- [Task to carry out]
Copy each line from the records below in which the word "empty" is found.

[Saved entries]
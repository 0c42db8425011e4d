-- ===== src/Tests/Startup.antt =====
-- The start and the stop of a PostgreSQL listener, and its connection string.
use excalibase_watcher.Postgres.ConnString.Strip.{strip-ensure}
use excalibase_watcher.Postgres.ConnString.{
  contains_text, ensure_replication_param, strip_replication_param,
}
use excalibase_watcher.Postgres.Start as Start
use excalibase_watcher.Postgres.Start.{Answers}
use excalibase_watcher.Postgres.Start.Lifecycle.{in_order, untouched, life, start-in_order}
use excalibase_watcher.Config.{PostgresConfig, pos}
use excalibase_watcher.Base.{◌≡◌, refl, true, false, [], codes}

-- Everything answers, and the listener is stopped while it streams.
abbrev all_well : Answers
all_well = record {
  database = true;
  publication = true;
  table = true;
  register = true;
  pattern = true;
  slot = true;
  triggers = true;
  snapshot = true;
  pool = true;
}

abbrev postgres_config : PostgresConfig
postgres_config = record {
  enabled = true;
  url = codes "postgres://db/app";
  username = [];
  password = [];
  slot_name = codes "cdc_slot";
  publication_name = codes "cdc_publication";
  create_slot = true;
  create_publication = true;
  tables = [];
  snapshot_mode = codes "none";
  snapshot_chunk_size = pos 10000;
  snapshot_backup_file = [];
  snapshot_start_lsn = [];
  capture_ddl = true;
  schema_history_dir = [];
  slot_stats_interval_seconds = pos 15;
  owner_id = codes "watcher";
  slot_cleanup = record {
    enabled = true;
    interval_minutes = pos 10;
    stale_after_minutes = pos 30;
    retained_wal_threshold_bytes = pos 0;
    dry_run = false;
    slot_pattern = codes "^cdc_";
    heartbeat_seconds = pos 30;
  };
}

start-in_order_example :
    in_order untouched (life true (Start.start false all_well postgres_config)) ≡ true
start-in_order_example = start-in_order false true all_well postgres_config

strip-ensure_example :
    (contains_text
        (ensure_replication_param (codes "postgres://db/app?sslmode=require"))
        (codes "replication=")
      ≡ true)
    × (strip_replication_param
          (ensure_replication_param (codes "postgres://db/app?sslmode=require"))
        ≡ codes "postgres://db/app?sslmode=require")
unfolding contains_text
strip-ensure_example = strip-ensure (codes "postgres://db/app?sslmode=require") refl
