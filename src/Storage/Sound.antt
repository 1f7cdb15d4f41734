-- ===== src/Storage/Sound.antt =====
-- What every operation of src/storage/database.py keeps of the rows.
use wqm.Prelude.{
  ℕ, ◌≡◌, inl, inr, refl, leb, ltb, Bool, false, ◌&&◌, List, [], ◌∷◌, arith, keep, contains, length,
  map, Bool-cases, All, All-append,
}
use wqm.Storage.{
  SyncState, synced, failed_permanent, Row, Database, is_pending, is_resolved, empty,
  insert_reading, mark, mark_synced, mark_failed_permanent, bump, bump_sync_attempts, delete_oldest,
  rotate_resolved, rotate_waiting, rotate,
}
use wqm.Storage.Ids.{Ascending, Ascending-keep, Ascending-map, Ascending-append}

module _ {ℓ} {V : Type ℓ} where
  -- The flag of the first schema says whether the row is resolved.
  abbrev pub Agrees : Row V → Type 0
  Agrees r = r.synced_column ≡ is_resolved r

  -- The flags agree, and the ids grow along the rows, below the next one.
  pub record IsSound (db : Database V) : Type ℓ where
    pub agrees : All Agrees db.rows
    pub ascending : Ascending 1 db.next_id db.rows

  All-map :
      (f : Row V → Row V) (rs : List (Row V))
      → ((r : Row V) → Agrees r → Agrees (f r))
      → All Agrees rs
      → All Agrees (map f rs)
  All-map f [] step h = tt
  All-map f (r ∷ rs) step h = (step r h.0, All-map f rs step h.1)

  All-kept : (p : Row V → Bool) (rs : List (Row V)) → All Agrees rs → All Agrees (keep p rs)
  unfolding keep
  All-kept p [] h = tt
  All-kept p (r ∷ rs) h = elim (Bool-cases (p r)) [
    | inl e ↦ rw e (h.0, All-kept p rs h.1)
    | inr e ↦ rw e (All-kept p rs h.1)
  ]

  pub id-mark : (state : SyncState) (marked : List ℕ) (r : Row V) → (mark state marked r).id ≡ r.id
  unfolding mark
  id-mark state marked r = elim (Bool-cases (contains r.id marked)) [
    | inl e ↦ rw e refl
    | inr e ↦ rw e refl
  ]

  mark-Agrees :
      (state : SyncState) (marked : List ℕ)
      → is_pending state ≡ false
      → (r : Row V) → Agrees r
      → Agrees (mark state marked r)
  unfolding mark
  mark-Agrees state marked over r h = elim (Bool-cases (contains r.id marked)) [
    | inl e ↦ rw (e, over) refl
    | inr e ↦ rw e h
  ]

  mark-IsSound :
      (state : SyncState) (marked : List ℕ) (db : Database V)
      → is_pending state ≡ false
      → IsSound db
      → IsSound (record db { rows = map (mark state marked) db.rows })
  mark-IsSound state marked db over s = record {
    agrees = All-map (mark state marked) db.rows (mark-Agrees state marked over) s.agrees;
    ascending =
        Ascending-map (mark state marked) 1 db.next_id db.rows (id-mark state marked) s.ascending;
  }

  pub mark_synced-IsSound :
      (marked : List ℕ) (db : Database V) → IsSound db → IsSound (mark_synced marked db)
  unfolding mark_synced
  mark_synced-IsSound marked db s = mark-IsSound synced marked db refl s

  pub mark_failed-IsSound :
      (marked : List ℕ) (db : Database V) → IsSound db → IsSound (mark_failed_permanent marked db)
  unfolding mark_failed_permanent
  mark_failed-IsSound marked db s = mark-IsSound failed_permanent marked db refl s

  pub bump-IsSound :
      (bumped : List ℕ) (db : Database V) → IsSound db → IsSound (bump_sync_attempts bumped db)
  unfolding bump_sync_attempts bump
  bump-IsSound bumped db s = record {
    agrees = All-map (bump bumped) db.rows (λ r h. h) s.agrees;
    ascending = Ascending-map (bump bumped) 1 db.next_id db.rows (λ r. refl) s.ascending;
  }

  pub insert_reading-IsSound :
      (timestamp : ℕ) (reading : V) (db : Database V)
      → IsSound db
      → IsSound (insert_reading timestamp reading db).1
  unfolding insert_reading
  insert_reading-IsSound timestamp reading db s = record {
    agrees = All-append Agrees db.rows _ s.agrees (refl, tt);
    ascending = Ascending-append 1 db.next_id db.rows _ refl s.ascending;
  }

  kept-IsSound :
      (p : Row V → Bool) (db : Database V)
      → IsSound db
      → IsSound (record db { rows = keep p db.rows })
  kept-IsSound p db s = record {
    agrees = All-kept p db.rows s.agrees;
    ascending = Ascending-keep p 1 db.next_id db.rows s.ascending;
  }

  rotate_resolved-IsSound :
      (max_rows : ℕ) (db : Database V) → IsSound db → IsSound (rotate_resolved max_rows db)
  unfolding rotate_resolved delete_oldest
  rotate_resolved-IsSound max_rows db s = kept-IsSound _ db s

  rotate_waiting-IsSound :
      (max_rows : ℕ) (db : Database V) → IsSound db → IsSound (rotate_waiting max_rows db)
  unfolding rotate_waiting delete_oldest
  rotate_waiting-IsSound max_rows db s =
      elim (Bool-cases (db.rotate_pending && ltb max_rows (length db.rows))) [
        | inl e ↦ rw e (kept-IsSound _ db s)
        | inr e ↦ rw e s
      ]

  pub rotate-IsSound :
      (max_rows : ℕ) (db : Database V) → IsSound db → IsSound (rotate max_rows db).1
  unfolding rotate
  rotate-IsSound max_rows db s = elim (Bool-cases (leb (length db.rows) max_rows)) [
    | inl e ↦ rw e s
    | inr e ↦ rw e (
        rotate_waiting-IsSound max_rows (rotate_resolved max_rows db)
          (rotate_resolved-IsSound max_rows db s))
  ]

  pub empty-IsSound : IsSound (empty {V = V})
  empty-IsSound = record { agrees = tt; ascending = omega arith }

- [Written response]
  SyncState, synced, failed_permanent, Row, Database, is_pending, is_resolved, empty,
  pub empty-IsSound : IsSound (empty {V = V})
  empty-IsSound = record { agrees = tt; ascending = omega arith }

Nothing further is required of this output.